What's going on there is just that the robot can only enqueue a single action for the tick. So calling multiple actions will just overwrite the slot.

It's an implementation detail of the game. Maybe it's tougher for beginners or not the best trade-off, but it doesn't have much to do with Javascript

2 comments

I think it's just a case of leaky abstraction. I'd change the API to something like:

    robot.action = { action: 'jump' };
    
    robot.action = { action: 'move', amount: 4 };

    etc.
Or if you want to keep the action creators:

    robot.action = robot.jump();
    
    robot.action = robot.move(4);
Which makes it obvious that there can only be a single action per loop call.
Or the action could be the return value. IMHO, trying to guess the physical model by experimentation is painful. Why not propose a debug button to display the state of variables during the execution of script.
Exactly, the function should not be responsible to see if robot.action has any existing value. It should just return an action depending on the state.
Another idea is to return a map of actions.

    { jump: true, move: 4, shoot: true }
Making the user increment a nonce and use the remainder operator just to do multiple actions simultaneously is pretty heavy.
That's not right. You can put more than one action in the loop. This slowly completes the level:

    function loop(robot){
      // your code here
      robot.move(1)
      robot.jump()
    }
It shouldn't according to its own instructions.

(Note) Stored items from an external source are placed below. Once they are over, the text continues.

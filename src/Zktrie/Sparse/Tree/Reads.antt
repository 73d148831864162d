-- ===== src/Zktrie/Sparse/Tree/Reads.antt =====
-- Reading after an update of the abstract trie.
use linea_sgx_prover.Prelude.{
  ℕ, ◌<◌, zero, suc, Option, none, some, [], ◌∷◌, ◌≡◌, ◌≢◌, inl, inr, refl, arith, ◌==◌, length,
  false, Bool-cases,
}
use linea_sgx_prover.Prelude.Results.{Result, ok, panic, >>=-inv}
use linea_sgx_prover.Bytes.{Bytes, bytes_eq, bytes_eq_refl, eq_of_bytes_eq}
use linea_sgx_prover.Zktrie.Types.{
  Env, NodeValue, branch, leaf, empty_leaf, next_free, Node, Error, leaf_type_next_free_node,
  leaf_type_value,
}
use linea_sgx_prover.Zktrie.Path.{prefix_len}
use linea_sgx_prover.Zktrie.Node.{branch_node, leaf_node, new, value, value_hash}
use linea_sgx_prover.Zktrie.Sparse.Tree.{
  Tree, tip, fork, tree_hash, read_tip, tree_get, new_tip, put_tip, new_fork, tree_put,
}

-- What a new leaf holds: the rest of the path and the value.
pub new-raw : (env : Env) (v : NodeValue) {n : Node} → new env {E = Error} v ≡ ok n → n.raw ≡ v
unfolding new
new-raw env v {n} h =
    let (b, hashed, made) =
      >>=-inv (value_hash env {E = Error} v) (λ t. ok (record { raw = v; hash = t })) h in
    let e : ◌≡◌ {A = Result Error Node} (ok (record { raw = v; hash = b })) (ok n) = made in cc

-- The shape of a leaf path: binary digits, then the marker of a value leaf.
abbrev pub IsPath : Bytes → Type 0
IsPath [] = ⊥
IsPath (m ∷ []) = m ≡ leaf_type_value
IsPath (b ∷ c ∷ p) = (b < 2) × IsPath (c ∷ p)

pub IsPath-tail : (b : ℕ) (p : Bytes) → IsPath (b ∷ p) → b < 2 → IsPath p
IsPath-tail b [] h small = omega arith
IsPath-tail b (c ∷ p) h small = h.1

-- Two paths of one length: if one goes on, so does the other.
pub IsPath-beside :
    (c : ℕ) (p q : Bytes) → IsPath (c ∷ q) → IsPath p → length q ≡ length p → (c < 2) × IsPath q
IsPath-beside c [] q hq hp e = absurd hp
IsPath-beside c (b ∷ p) [] hq hp e = absurd (omega arith)
IsPath-beside c (b ∷ p) (d ∷ q) hq hp e = (hq.0, hq.1)

-- A prefix of the same length is the whole.
eq_of_prefix : (xs ys : Bytes) → prefix_len xs ys ≡ length xs → length xs ≡ length ys → xs ≡ ys
unfolding prefix_len
eq_of_prefix [] [] p e = refl
eq_of_prefix [] (y ∷ ys) p e = absurd (omega arith)
eq_of_prefix (x ∷ xs) [] p e = absurd (omega arith)
eq_of_prefix (x ∷ xs) (y ∷ ys) p e = ground (arith, eq_of_prefix xs ys)

not_marker : (p : Bytes) → IsPath p → bytes_eq p (leaf_type_next_free_node ∷ []) ≡ false
not_marker [] h = absurd h
not_marker (m ∷ []) h = ground arith
not_marker (b ∷ c ∷ p) h = ground arith

bytes_eq_ne : (a b : Bytes) → b ≢ a → bytes_eq a b ≡ false
bytes_eq_ne a b ne = ground (arith, eq_of_bytes_eq a b)

module _ (env : Env) where
  new_tip-inv :
      (rest v : Bytes) {t : Tree}
      → new_tip env rest v ≡ ok t
      → (n : Node) × (t ≡ tip n) × (leaf_node env {E = Error} rest v ≡ ok n)
  unfolding new_tip
  new_tip-inv rest v h = let (n, made, same) = >>=-inv _ _ h in (n, cc, made)

  pub leaf_node-reads :
      (rest v : Bytes) {n : Node}
      → leaf_node env {E = Error} rest v ≡ ok n
      → (value n.raw ≡ some v) × (read_tip n.raw n rest ≡ ok (some n))
  unfolding leaf_node value read_tip
  leaf_node-reads rest v {n} h = elim (Bool-cases (bytes_eq rest (leaf_type_next_free_node ∷ []))) [
    | inl marker ↦
        let raw = new-raw env (next_free (record { path = rest; value = v })) (rw marker at h) in
        (rw raw, rw (raw, bytes_eq_refl rest))
    | inr plain ↦
        let raw = new-raw env (leaf (record { path = rest; value = v })) (rw plain at h) in
        (rw raw, rw (raw, bytes_eq_refl rest))
  ]

  -- A value that was put is read back on the same path.
  put_tip-inv :
      (raw : NodeValue) (rest v : Bytes) {t : Tree}
      → put_tip env raw rest v ≡ ok t
      → new_tip env rest v ≡ ok t
  unfolding put_tip
  put_tip-inv (branch b) rest v h = cc
  put_tip-inv empty_leaf rest v h = h
  put_tip-inv (leaf l) rest v h = ground arith
  put_tip-inv (next_free l) rest v h = ground arith

  pub put_tip-reads :
      (raw : NodeValue) (rest v : Bytes) {t : Tree}
      → put_tip env raw rest v ≡ ok t
      → (n : Node) × (t ≡ tip n) × (value n.raw ≡ some v) × (read_tip n.raw n rest ≡ ok (some n))
  put_tip-reads raw rest v {t} h =
      let (n, same, made) = new_tip-inv rest v (put_tip-inv raw rest v h) in
      let (holds, reads) = leaf_node-reads rest v made in (n, same, holds, reads)

  pub new_fork-inv :
      (l r : Tree) {t : Tree}
      → new_fork env l r ≡ ok t
      → (n : Node) × (t ≡ fork n.hash l r)
        × (branch_node env {E = Error} (tree_hash l) (tree_hash r) ≡ ok n)
  unfolding new_fork
  new_fork-inv l r h = let (n, made, same) = >>=-inv _ _ h in (n, cc, made)

  -- One level of an update.
  pub data PutStep (k b : ℕ) (rest v : Bytes) (l r t : Tree) : Type 0 where
    went_left :
        (l' : Tree)
        → b ≡ 0
        → tree_put env k rest v l ≡ ok l'
        → new_fork env l' r ≡ ok t
        → PutStep k b rest v l r t
    went_right :
        (r' : Tree)
        → b ≡ 1
        → tree_put env k rest v r ≡ ok r'
        → new_fork env l r' ≡ ok t
        → PutStep k b rest v l r t

  pub put_step :
      (k b : ℕ) (rest v : Bytes) (h : Bytes) (l r : Tree) {t : Tree}
      → tree_put env (suc k) (b ∷ rest) v (fork h l r) ≡ ok t
      → PutStep k b rest v l r t
  unfolding tree_put
  put_step k b rest v h l r {t} e = elim (Bool-cases (b == 0)) [
    | inl left ↦
        let (l', below, made) =
          >>=-inv (tree_put env k rest v l) (λ l'. new_fork env l' r) (rw left at e) in
        went_left l' (ground arith) below made
    | inr other ↦ elim (Bool-cases (b == 1)) [
      | inl right ↦
          let (r', below, made) =
            >>=-inv (tree_put env k rest v r) (λ r'. new_fork env l r') (rw (other, right) at e) in
          went_right r' (ground arith) below made
      | inr neither ↦
          absurd (let p : ◌≡◌ {A = Result Error Tree} panic (ok t) = rw (other, neither) at e in cc)
    ]
  ]

  pub put_at_tip :
      (k : ℕ) (rest v : Bytes) (m : Node) {t : Tree}
      → tree_put env (suc k) rest v (tip m) ≡ ok t
      → put_tip env m.raw rest v ≡ ok t
  unfolding tree_put
  put_at_tip k rest v m h = h

  -- After a successful update of a path, a lookup of the path finds a leaf with the value that was
  -- put.
  pub tree_get-put_self :
      (k : ℕ) (rest v : Bytes) (t : Tree) {t' : Tree}
      → tree_put env k rest v t ≡ ok t'
      → (n : Node) × (tree_get k rest t' ≡ ok (some n)) × (value n.raw ≡ some v)
  unfolding tree_get
  tree_get-put_self zero rest v t h = absurd (unfold tree_put in cc)
  tree_get-put_self (suc k) rest v (tip m) h =
      let (n, same, holds, reads) = put_tip-reads m.raw rest v (put_at_tip k rest v m h) in
      (n, rw same reads, holds)
  tree_get-put_self (suc k) [] v (fork x l r) h = absurd (unfold tree_put in cc)
  tree_get-put_self (suc k) (b ∷ rest) v (fork x l r) h = elim (put_step k b rest v x l r h) [
    | went_left l' left below made ↦
        let (n, found, holds) = tree_get-put_self k rest v l below in
        let (f, same, _) = new_fork-inv l' r made in (n, rw (same, left) found, holds)
    | went_right r' right below made ↦
        let (n, found, holds) = tree_get-put_self k rest v r below in
        let (f, same, _) = new_fork-inv l r' made in (n, rw (same, right) found, holds)
  ]

  -- The new leaf of a path is a plain one, which no other path finds.
  new_tip-hides :
      (rest other v : Bytes) {t : Tree}
      → new_tip env rest v ≡ ok t
      → IsPath rest
      → other ≢ rest
      → (n : Node) × (t ≡ tip n) × (read_tip n.raw n other ≡ ok none)
  unfolding leaf_node read_tip
  new_tip-hides rest other v h path ne =
      let (n, same, made) = new_tip-inv rest v h in
      let plain : bytes_eq rest (leaf_type_next_free_node ∷ []) ≡ false = not_marker rest path in
      let raw = new-raw env (leaf (record { path = rest; value = v })) (rw plain at made) in
      (n, same, rw (raw, bytes_eq_ne rest other ne))

  tip_unchanged :
      (raw : NodeValue) (m : Node) (rest other v : Bytes) {t : Tree} {found : Option Node}
      → put_tip env raw rest v ≡ ok t
      → read_tip raw m other ≡ ok found
      → length other ≡ length rest
      → other ≢ rest
      → found ≡ none
  unfolding put_tip read_tip
  tip_unchanged (branch b) m rest other v h g size ne = cc
  tip_unchanged empty_leaf m rest other v h g size ne = ground arith
  tip_unchanged (leaf l) m rest other v h g size ne =
      ground (arith, eq_of_bytes_eq l.path other, eq_of_prefix l.path rest)
  tip_unchanged (next_free l) m rest other v h g size ne =
      ground (arith, eq_of_bytes_eq l.path other, eq_of_prefix l.path rest)

  -- A successful update of a leaf path changes no lookup of another leaf path of the same length
  -- that succeeds.
  pub tree_get-put_ne :
      (k : ℕ) (rest other v : Bytes) (t : Tree) {t' : Tree} {found : Option Node}
      → tree_put env k rest v t ≡ ok t'
      → tree_get k other t ≡ ok found
      → IsPath rest
      → IsPath other
      → length other ≡ length rest
      → other ≢ rest
      → tree_get k other t' ≡ ok found
  unfolding tree_get
  tree_get-put_ne zero rest other v t h g pr po size ne = absurd (unfold tree_put in cc)
  tree_get-put_ne (suc k) rest other v (tip m) h g pr po size ne =
      let at_tip = put_at_tip k rest v m h in
      let (n, same, hidden) = new_tip-hides rest other v (put_tip-inv m.raw rest v at_tip) pr ne in
      let old = tip_unchanged m.raw m rest other v at_tip g size ne in rw (same, old) hidden
  tree_get-put_ne (suc k) [] other v (fork x l r) h g pr po size ne = absurd pr
  tree_get-put_ne (suc k) (b ∷ rest) [] v (fork x l r) h g pr po size ne = absurd po
  tree_get-put_ne (suc k) (b ∷ rest) (c ∷ other) v (fork x l r) h g pr po size ne =
      elim (put_step k b rest v x l r h) [
        | went_left l' left below made ↦
            let pr' = IsPath-tail b rest pr (omega arith) in
            let (binary, po') = IsPath-beside c rest other po pr' (omega arith) in
            let (f, same, _) = new_fork-inv l' r made in
            elim (Bool-cases (c == 0)) [
              | inl here ↦
                  rw (same, here)
                    (tree_get-put_ne k rest other v l below (rw here at g) pr' po' (omega arith)
                      (λ e. ne (ground arith)))
              | inr there ↦ rw (same, there) (rw there at g)
            ]
        | went_right r' right below made ↦
            let pr' = IsPath-tail b rest pr (omega arith) in
            let (binary, po') = IsPath-beside c rest other po pr' (omega arith) in
            let (f, same, _) = new_fork-inv l r' made in
            elim (Bool-cases (c == 0)) [
              | inl there ↦ rw (same, there) (rw there at g)
              | inr here ↦
                  rw (same, here)
                    (tree_get-put_ne k rest other v r below (rw here at g) pr' po' (omega arith)
                      (λ e. ne (ground arith)))
            ]
      ]
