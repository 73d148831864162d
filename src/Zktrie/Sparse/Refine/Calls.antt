-- ===== src/Zktrie/Sparse/Refine/Calls.antt =====
-- How the recursive methods of src/common/zktrie/src/sparse_merkle_trie.rs end, one level at a time.
use linea_sgx_prover.Prelude.{ℕ, List, [], ◌∷◌, ◌++◌, ◌≡◌, ◌≢◌, refl, ap, ◌∙◌, arith}
use linea_sgx_prover.Prelude.Results
use linea_sgx_prover.Prelude.Results.{Result, Result-cases, ok, err, panic, >>=-inv}
use linea_sgx_prover.Prelude.Exec.{Exec, lift, continue, ◌>>=◌}
use linea_sgx_prover.EthTypes.{Sh256}
use linea_sgx_prover.Zktrie.Types.{
  Env, BranchNode, NodeValue, branch, leaf, empty_leaf, next_free, Node, Error,
}
use linea_sgx_prover.Zktrie.Node.{branch_node, new, new_replace}
use linea_sgx_prover.Zktrie.Database.{Database, IsLawful}
use linea_sgx_prover.Zktrie.Sparse.{db_add}
use linea_sgx_prover.Zktrie.Sparse.Tree.{Tree, tip, fork, tree_hash, node_of, new_fork}
use linea_sgx_prover.Zktrie.Sparse.Tree.Reads.{new-raw}

pub hash-node_of : (t : Tree) → (node_of t).hash ≡ tree_hash t
hash-node_of (tip n) = refl
hash-node_of (fork h l r) = refl

-- Making a node panics or succeeds.
new-ne-err : (env : Env) (v : NodeValue) (e : Error) → new env {E = Error} v ≢ err e
unfolding new
new-ne-err env empty_leaf e h = cc
new-ne-err env (branch b) e h = ground arith
new-ne-err env (leaf l) e h = ground arith
new-ne-err env (next_free l) e h = ground arith

module _ {D : Type 0} (db : Database D) where
  unfoldable pub write_all : List Node → D → D
  write_all [] s = s
  write_all (n ∷ ns) s = write_all ns (db.update_node n.hash n s).1

  pub write_all-append :
      (ns ms : List Node) (s : D) → write_all (ns ++ ms) s ≡ write_all ms (write_all ns s)
  unfolding write_all
  write_all-append [] ms s = refl
  write_all-append (n ∷ ns) ms s = write_all-append ns ms (db.update_node n.hash n s).1

  -- A call that ends as an update of the tree says: the written nodes are those that the update
  -- made, and an error has written nothing.
  abbrev pub Agrees : D → (Tree → List Node) → Result Error Tree → Result Error Node × D → Type 0
  Agrees s made (ok t) out = out ≡ (ok (node_of t), write_all (made t) s)
  Agrees s made (err e) out = out ≡ (err e, s)
  Agrees s made panic out = out.0 ≡ panic

  module _ (law : IsLawful db) (env : Env) where
    pub db_add-lem : (n : Node) (s : D) → db_add db n s ≡ (ok n, (db.update_node n.hash n s).1)
    unfolding db_add
    db_add-lem n s = λ i. (law.update_ok n.hash n s i, (db.update_node n.hash n s).1)

    -- The node above two subtrees, made and written.
    join_end :
        (m : Result Error Node) (l r : Tree) (made : Tree → List Node) (ns : List Node) (s : D)
        → ((n : Node)
            → m ≡ ok n
            → n.raw ≡ branch (record { left = tree_hash l; right = tree_hash r }))
        → ((e : Error) → m ≢ err e)
        → ((h : Sh256) → made (fork h l r) ≡ ns ++ node_of (fork h l r) ∷ [])
        → Agrees s made
            (Results.◌>>=◌ m (λ n. ok (fork n.hash l r)))
            (continue m (db_add db) (write_all ns s))
    unfolding write_all
    join_end (ok n) l r made ns s raw no_err nodes =
        let same : n ≡ node_of (fork n.hash l r) =
          λ i. record { raw = raw n refl i; hash = n.hash } in
        let written : write_all (made (fork n.hash l r)) s
            ≡ (db.update_node n.hash (node_of (fork n.hash l r)) (write_all ns s)).1 =
          ap (λ t. write_all t s) (nodes n.hash)
          ∙ write_all-append ns (node_of (fork n.hash l r) ∷ []) s in
        db_add-lem n (write_all ns s)
        ∙ rw written (λ i. (ok (same i), (db.update_node n.hash (same i) (write_all ns s)).1))
    join_end (err e) l r made ns s raw no_err nodes = absurd (no_err e refl)
    join_end panic l r made ns s raw no_err nodes = refl

    -- One level, after the recursive call on the child `b`.
    unfoldable pub level_end : BranchNode → ℕ → Exec D Error Node → D → Result Error Node × D
    level_end bn b below = do
      updated ← below
      up ← lift (new env (branch (new_replace bn b updated.hash)))
      db_add db up

    pub left_end :
        (below : Result Error Tree) (call : Exec D Error Node) (l r : Tree)
        (made above : Tree → List Node) (s : D)
        → ((h : Sh256) (l' : Tree) → above (fork h l' r) ≡ made l' ++ node_of (fork h l' r) ∷ [])
        → Agrees s made below (call s)
        → Agrees s above
            (Results.◌>>=◌ below (λ l'. new_fork env l' r))
            (level_end (record { left = tree_hash l; right = tree_hash r }) 0 call s)
    unfolding level_end new_fork new_replace branch_node
    left_end (ok l') call l r made above s nodes agrees =
        let b = branch (record { left = tree_hash l'; right = tree_hash r }) in
        rw (agrees, hash-node_of l')
          (join_end (new env b) l' r above (made l') s (λ n. new-raw env b) (new-ne-err env b)
            (λ h. nodes h l'))
    left_end (err e) call l r made above s nodes agrees = rw (agrees, level_end)
    left_end panic call l r made above s nodes agrees = rw (agrees, level_end)

    pub right_end :
        (below : Result Error Tree) (call : Exec D Error Node) (l r : Tree)
        (made above : Tree → List Node) (s : D)
        → ((h : Sh256) (r' : Tree) → above (fork h l r') ≡ made r' ++ node_of (fork h l r') ∷ [])
        → Agrees s made below (call s)
        → Agrees s above
            (Results.◌>>=◌ below (λ r'. new_fork env l r'))
            (level_end (record { left = tree_hash l; right = tree_hash r }) 1 call s)
    unfolding level_end new_fork new_replace branch_node
    right_end (ok r') call l r made above s nodes agrees =
        let b = branch (record { left = tree_hash l; right = tree_hash r' }) in
        rw (agrees, hash-node_of r')
          (join_end (new env b) l r' above (made r') s (λ n. new-raw env b) (new-ne-err env b)
            (λ h. nodes h r'))
    right_end (err e) call l r made above s nodes agrees = rw (agrees, level_end)
    right_end panic call l r made above s nodes agrees = rw (agrees, level_end)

I bet jump() has something like `if (robot.touchingFloor) { action = 'jump'; }` which makes your code work because it doesn't overwrite the robot action if it can't actually jump.

Switch the order of actions and you'll see the robot never jumps because its action gets overwritten (as stated in the instructions tab).

EDIT: Here it is:

https://github.com/reaalkhalil/JSRobot/blob/478848147a080d8b...

Ah I stand corrected, thanks. So I guess it's performing the last valid action.